2. The Retrieval Tool

We define a tool that the agent can call to search our Pinecone index.

@tool(response_format="content_and_artifact")
def retrieve_context(query: str):
    """Retrieve relevant documentation to help answer user queries about LangChain."""

    # 1. Perform similarity search finding top 4 chunks
    retriever = vectorstore.as_retriever(search_kwargs={"k": 4})
    retrieved_docs = retriever.invoke(query)

    # 2. Serialize the documents into a string for the LLM prompt
    serialized_context = ""
    for doc in retrieved_docs:
        source = doc.metadata.get("source", "Unknown")
        content = doc.page_content
        serialized_context += f"Source: {source}\nContent: {content}\n\n"

    # 3. Return both the string (Content) and the raw objects (Artifact)
    return serialized_context, retrieved_docs

The content_and_artifact Paradigm

By default, an @tool returns only one value (the string given to the LLM).

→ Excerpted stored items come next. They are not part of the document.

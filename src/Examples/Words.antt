-- ===== src/Examples/Words.antt =====
-- Permutations, version words, values and keys.
use yakushima.Common.{
  ℕ, ◌+◌, ◌^◌, ◌<◌, ◌≡◌, refl, true, false, List, [], ◌∷◌, some, none, arith, update, insert_at,
  remove_at, has, bit_or, ◌>>=◌,
}
use yakushima.Permutation.{inc_key_num, dec_key_num, delete_rank, insert, get_empty_slot}
use yakushima.Permutation.Refinement.{IsOrder, encode, insert-encode, delete-encode}
use yakushima.Permutation.EmptySlot.{get_empty_slot-free}
use yakushima.Version.{
  VersionBody, init, set_locked, set_inserting_deleting, released, equal, unlock, exchange_loop,
  image, Attempt, Exchange,
}
use yakushima.Version.Layout.{IsBody}
use yakushima.Version.Atomic.{Released, unlock-Released, unlock-returns}
use yakushima.Version.Protocol.{
  idle, spin, trying, holding, leaving, call_lock, see_free, lock_win, call_unlock, unlock_win,
  System, pick, Steps, here, next, start, critical,
}
use yakushima.Version.Exclusion.{mutual_exclusion}
use yakushima.Version.Optimistic.{optimistic_read}
use yakushima.Value.{Memory, get_len, new_header, at_least_8, val_ptr_flag}
use yakushima.Value.Region.{Created, create_value-Created, get_len-truncated}
use yakushima.Key.{prepare, key_compare, prefix_compare, and_then, remove_prefix}
use yakushima.Key.Lex.{lex, lex-key_compare, prefix_compare-key_compare}

abbrev order : List ℕ
order = 0 ∷ 2 ∷ 1 ∷ []

order-IsOrder : IsOrder order
order-IsOrder = record {
  few = omega arith;
  small = (omega arith, (omega arith, (omega arith, tt)));
  distinct = (refl, (refl, (refl, tt)));
}

insert-encode_example :
    (insert (inc_key_num (encode order)) 1 5 ≡ some (encode (insert_at 1 5 order)))
    × IsOrder (insert_at 1 5 order)
insert-encode_example =
    insert-encode 1 5 order-IsOrder (omega arith) (omega arith) (omega arith) refl

delete-encode_example :
    ((do w ← delete_rank (encode order) 1; some (dec_key_num w))
      ≡ some (encode (remove_at 1 order)))
    × IsOrder (remove_at 1 order)
delete-encode_example = delete-encode 1 order-IsOrder (omega arith)

get_empty_slot-free_example :
    (p : ℕ) × (get_empty_slot (encode order) ≡ some p)
    × (p < 15)
    × (has p order ≡ false)
    × ((q : ℕ) → q < p → has q order ≡ true)
get_empty_slot-free_example = get_empty_slot-free order-IsOrder (omega arith)

init-IsBody : IsBody init
init-IsBody = record { vinsert_delete = omega arith; vsplit = omega arith }

abbrev marked : VersionBody
marked = set_inserting_deleting true (set_locked true init)

marked-IsBody : IsBody marked
marked-IsBody = record { vinsert_delete = omega arith; vsplit = omega arith }

abbrev attempt : VersionBody → Attempt
attempt v = record { loaded = v; found = v; spurious = false }

unlock-Released_example : Released marked (released marked)
unfolding unlock equal exchange_loop image
unlock-Released_example =
    unlock-Released marked (attempt marked ∷ [])
      {x = record { before = marked; after = released marked }} marked-IsBody
      (marked-IsBody, marked-IsBody, tt) refl marked-IsBody

unlock-returns_example :
    (x : Exchange) × (unlock init (attempt marked ∷ attempt marked ∷ []) ≡ some x)
unlock-returns_example = unlock-returns init (attempt marked) (attempt marked) [] refl refl

-- Thread 0 of two threads takes the lock, and gives it back.
abbrev locked_once : System
locked_once = record {
  body = set_locked true init;
  pc = update (update (update (λ _. idle) 0 spin) 0 (trying init)) 0 holding;
  inserts = 0;
  splits = 0;
}

locked_once-Steps : Steps 2 (start init) locked_once
locked_once-Steps =
    next (next (next here (pick 0 (omega arith) call_lock)) (pick 0 (omega arith) (see_free refl)))
      (pick 0 (omega arith) (lock_win refl))

mutual_exclusion_example : (◌≡◌ {A = ℕ} 0 0) × (locked_once.body.locked ≡ true)
mutual_exclusion_example = mutual_exclusion init-IsBody locked_once-Steps 0 0 refl refl

abbrev released_once : System
released_once = record {
  body = released (set_locked true init);
  pc = update (update locked_once.pc 0 (leaving (set_locked true init))) 0 idle;
  inserts = 0;
  splits = 0;
}

released_once-Steps : Steps 2 (start init) released_once
released_once-Steps =
    next (next locked_once-Steps (pick 0 (omega arith) call_unlock))
      (pick 0 (omega arith) (unlock_win refl))

optimistic_read_example :
    (released_once.inserts ≡ 0)
    × (released_once.splits ≡ 0)
    × ((i : ℕ) → critical ((start init).pc i) ≡ false)
    × ((i : ℕ) → critical (released_once.pc i) ≡ false)
unfolding released
optimistic_read_example =
    optimistic_read init-IsBody here released_once-Steps refl refl (omega arith) (omega arith)

abbrev no_values : Memory
no_values = record { header = λ _. none; bytes = λ _. [] }

create_value-Created_example : Created no_values 4096 (7 ∷ 8 ∷ 9 ∷ []) 3 1
create_value-Created_example =
    create_value-Created no_values 4096 (7 ∷ 8 ∷ 9 ∷ []) 3 1 (omega arith) (omega arith)
      (omega arith)

get_len-truncated_example :
    (n : ℕ) × (get_len
        (record no_values {
          header = update no_values.header 4096 (some (new_header (2 ^ 32 + 5) (at_least_8 8)));
        })
        (bit_or 4096 val_ptr_flag)
      ≡ some n)
    × (n < 2 ^ 32 + 5)
get_len-truncated_example =
    get_len-truncated no_values 4096 (2 ^ 32 + 5) 8 (omega arith) (omega arith)

lex-key_compare_example :
    lex (1 ∷ 2 ∷ []) (1 ∷ 3 ∷ [])
    ≡ and_then
        (key_compare (prepare (1 ∷ 2 ∷ [])) (prepare (1 ∷ 3 ∷ [])))
        (lex (remove_prefix 8 (1 ∷ 2 ∷ [])) (remove_prefix 8 (1 ∷ 3 ∷ [])))
lex-key_compare_example = lex-key_compare (1 ∷ 2 ∷ []) (1 ∷ 3 ∷ [])

prefix_compare-key_compare_example :
    prefix_compare (prepare (1 ∷ [])) (prepare (1 ∷ 0 ∷ []))
    ≡ key_compare (prepare (1 ∷ [])) (prepare (1 ∷ 0 ∷ []))
prefix_compare-key_compare_example = prefix_compare-key_compare (1 ∷ []) (1 ∷ 0 ∷ [])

Setting response_format="content_and_artifact" allows the tool to return a tuple of two values:

  1. Content: The formatted string serialized_context. This is what is actually injected into the LLM's prompt.
  2. Artifact: The raw python objects retrieved_docs (List of LangChain Documents). This is not sent to the LLM. It is retained in the application state.

Why do this? We need the raw Document objects in our frontend application so we can render beautiful clickable source links. If we only returned the string to the LLM, we would lose the python objects and have to parse the string to find the URLs. The artifact lets us smuggle state through the agent.


3. The Agent Wrapper

We wrap the agent execution in a function that takes a query and returns both the answer and the sources.

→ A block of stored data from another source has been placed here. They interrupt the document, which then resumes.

-- ===== src/Main/Start.antt =====
-- `_wait_for_docker`, and `main` up to the reconciliation.
use sui_ctf_infrastructure.Base.{ℕ, zero, suc, Bool, true, false, none, some}
use sui_ctf_infrastructure.Text.{codes}
use sui_ctf_infrastructure.Python.Errors.{system_exit, Exception, Result, ok, raised, ◌>>=◌}
use sui_ctf_infrastructure.Config.{Config, dns_list}
use sui_ctf_infrastructure.Docker.Sdk.{Host}
use sui_ctf_infrastructure.Docker.Manager.{DockerManager, new_manager, ping, image_exists}
use sui_ctf_infrastructure.Challenge.Manifest.{Challenge}
use sui_ctf_infrastructure.Instances.Tasks.{State, to_thread, sleep_for}
use sui_ctf_infrastructure.Instances.Reconcile.{reconcile_startup}

-- The manager that `main` makes of the settings.
abbrev pub manager_of :
    {W : Type 0} → (W → Result (Unit {0}) × W) → Config → W → Result DockerManager × W
manager_of from_env cfg =
    new_manager from_env cfg.instance_image cfg.docker_network cfg.instance_mem
      cfg.instance_nano_cpus cfg.instance_rpc_port (some (dns_list cfg))

module _ {W : Type 0} (host : Host W) where
  abbrev pub after_ping : (State W → Bool × State W) → Result (Unit {0}) × State W → Bool × State W
  after_ping again (ok _, s) = (true, s)
  after_ping again (raised e, s) = again (sleep_for host 2 s)

  -- So many attempts, with two seconds after each that fails.
  unfoldable pub wait_for_docker : ℕ → State W → Bool × State W
  unfolding to_thread sleep_for
  wait_for_docker zero s = (false, s)
  wait_for_docker (suc n) s = after_ping (wait_for_docker n) (to_thread host (ping host) s)

  abbrev pub no_docker : Exception
  no_docker = record {
    kind = system_exit;
    message = codes "Docker daemon not reachable — is /var/run/docker.sock mounted?";
  }

  -- The missing image is only a warning; an exception of the test ends the start.
  abbrev pub after_image : Result Bool × W → State W → Result (Unit {0}) × State W
  after_image (raised e, w) s = (raised e, record s { world = w })
  after_image (ok _, w) s = reconcile_startup host (record s { world = w })

  abbrev pub after_wait : DockerManager → Bool × State W → Result (Unit {0}) × State W
  after_wait docker (false, s) = (raised no_docker, s)
  after_wait docker (true, s) = after_image (image_exists host docker none s.world) s

  -- `main`, with the manager, the challenge that was loaded and the table that the database holds
  unfoldable pub start_up : DockerManager → Result Challenge → State W → Result Challenge × State W
  unfolding wait_for_docker
  start_up docker (raised e) s = (raised e, s)
  start_up docker (ok ch) s =
      let (r, s') = after_wait docker (wait_for_docker 15 s) in (r >>= λ _. ok ch, s')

def run_llm(query: str) -> Dict[str, Any]:
    """Run the RAG retrieval pipeline to answer a question."""

    system_prompt = """You are a helpful AI assistant that answers questions about LangChain documentation.
    You have access to a tool that retrieves relevant documentation.
    Use the tool to find relevant information before answering questions.
    Always cite the sources you use in your answers.
    If you cannot find the answer in the retrieved documentation, say so."""

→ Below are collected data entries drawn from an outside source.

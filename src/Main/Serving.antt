-- ===== src/Main/Serving.antt =====
-- The whole of `main`: what has been started when it raises, or when its servers run.
use sui_ctf_infrastructure.NcServer.Server.{
  Listener, NcServer, new_server, StartServer, start, serve_forever,
}
use sui_ctf_infrastructure.Reaper.Task.{Reaper, new_reaper, start as start_reaper}
use sui_ctf_infrastructure.Base.{Bool, Option, none, some, []}
use sui_ctf_infrastructure.Text.{Text}
use sui_ctf_infrastructure.Python.Errors.{Result, ok, raised}
use sui_ctf_infrastructure.Python.Values.{Value}
use sui_ctf_infrastructure.Config.{Config}
use sui_ctf_infrastructure.Registry.{Registry}
use sui_ctf_infrastructure.Registry.Opening.{Disk, open_registry}
use sui_ctf_infrastructure.Docker.Sdk.{Host}
use sui_ctf_infrastructure.Challenge.Manifest.{Challenge, load_challenge}
use sui_ctf_infrastructure.Instances.Tasks.{State, to_thread}
use sui_ctf_infrastructure.Docker.Manager.{DockerManager}
use sui_ctf_infrastructure.Proxy.App.{App, create_proxy_app, lifespan_start, lifespan_end}
use sui_ctf_infrastructure.Main.Start.{manager_of, start_up}

-- The parts that `main` makes after the reconciliation.
pub record Services : Type 0 where
  pub reaper : Option Reaper
  pub proxy : Option App
  pub menu : Option NcServer

abbrev pub nothing_started : Services
nothing_started = record { reaper = none; proxy = none; menu = none }

-- A run of `main`: its result, the services, and the state.
abbrev pub Run : Type 0 → Type 0
Run W = Result Listener × Services × State W

-- `server.serve()` of uvicorn, once the application's lifespan has begun: it serves, or it cannot bind
-- the port and exits.
abbrev pub ServeApp : Type 0 → Type 0
ServeApp W = App → W → Result (Unit {0}) × W

module _ {W : Type 0} (host : Host W) (start_server : StartServer W) (serve_app : ServeApp W)
    (cfg : Config) where
  module _ (docker : DockerManager) where
    -- The reaper's task and the proxy's application are there before the menu is.
    abbrev pub reaper_started : Services
    reaper_started = record {
      reaper = some (start_reaper (new_reaper cfg docker));
      proxy = some (create_proxy_app cfg);
      menu = none;
    }

    -- The menu beside the proxy's application.
    abbrev pub serving : NcServer → App → Services
    serving nc app = record reaper_started { proxy = some app; menu = some nc }

    abbrev pub app_started : App
    app_started = lifespan_start (create_proxy_app cfg)

    -- `server.serve()` starts the application's lifespan and binds, and `nc.serve_forever()` serves
    -- beside it; where the bind fails, the lifespan ends and the exit of uvicorn is that of `main`.
    abbrev pub serve_beside : NcServer → Result (Unit {0}) × State W → Run W
    serve_beside nc (raised e, s) = (raised e, serving nc (lifespan_end app_started), s)
    serve_beside nc (ok _, s) = (serve_forever nc, serving nc app_started, s)

    -- What follows `await nc.start()`.
    abbrev pub gather_after : Result (Unit {0}) × NcServer × State W → Run W
    unfolding to_thread
    gather_after (raised e, nc, s) = (raised e, record reaper_started { menu = some nc }, s)
    gather_after (ok _, nc, s) = serve_beside nc (to_thread host (serve_app app_started) s)

    abbrev pub serve_after : Result Challenge × State W → Run W
    serve_after (raised e, s) = (raised e, nothing_started, s)
    serve_after (ok ch, s) = gather_after (start host start_server (new_server cfg) s)

  abbrev pub manage_with : Result Challenge → Registry → Result DockerManager × W → Run W
  manage_with ch reg (raised e, w) = (raised e, nothing_started, record { reg = reg; world = w })
  manage_with ch reg (ok docker, w) =
      serve_after docker (start_up host docker ch (record { reg = reg; world = w }))

  module _ (from_env : W → Result (Unit {0}) × W) where
    abbrev pub start_with : Result Challenge → Result Registry × W → State W → Run W
    start_with ch (raised e, w) s = (raised e, nothing_started, record s { world = w })
    start_with ch (ok reg, w) s = manage_with ch reg (manager_of from_env cfg w)

    module _ (disk : Disk W) (is_file : Text → Bool) (load_yaml : Text → Result Value) where
      abbrev pub open_after : Result Challenge → State W → Run W
      open_after (raised e) s = (raised e, nothing_started, s)
      open_after (ok ch) s = start_with (ok ch) (open_registry disk cfg.db_path s.world) s

      -- `main`
      unfoldable pub main : W → Run W
      unfolding start_up serve_forever start to_thread
      main w =
          open_after (load_challenge is_file load_yaml cfg.challenges_dir cfg.active_challenge)
            (record { reg = []; world = w })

    # 1. Create the Agent using LangGraph prebuilt
    agent = create_agent(
        llm, 
        tools=[retrieve_context], 
        system_message=system_prompt
    )

    # 2. Invoke the Agent
    messages = [{"role": "user", "content": query}]
    response = agent.invoke({"messages": messages})

    # 3. Extract the final answer
    final_message = response["messages"][-1]
    answer = final_message.content

    # 4. Extract the artifacts (source documents) from the ToolMessages
    context_docs = []
    for msg in response["messages"]:
        if isinstance(msg, ToolMessage) and msg.artifact:
            # The artifact is our list of retrieved_docs
            context_docs.extend(msg.artifact)

    return {
        "answer": answer,
        "context": context_docs
    }

The Artifact Extraction Logic

flowchart TD
    APP["App"]
    AGENT["Agent"]
    TOOL["Tool: retrieve_context()"]

    APP -- "1. query" --> AGENT
    AGENT -- "2. calls tool" --> TOOL

    TOOL -- "3a. returns 'serialized_context' (Content)" --> AGENT
    TOOL -. "3b. returns [docs] (Artifact)" .-> MSG["ToolMessage"]

    AGENT -- "4. generates answer" --> APP
    MSG -. "5. App extracts artifact" .-> APP

    style TOOL fill:#4a9eff,color:#fff
    style AGENT fill:#10b981,color:#fff

Notice how we loop through the returned response["messages"]. We look for any ToolMessage that has an .artifact property. This is how we extract those raw Document objects that the tool saved for us!

Summary

Concept Explanation
Agentic RAG Instead of a hardcoded pipeline, an Agent is given a retrieval tool and decides how/when to use it.
init_chat_model A standard factory function to easily initialize LLMs across different providers.
content_and_artifact A tool configuration that lets it return a string to the LLM (content) while saving python objects for the application (artifact).
Trust and Explainability Extracting the artifacts allows us to show the user exactly which documents the LLM used to generate the answer.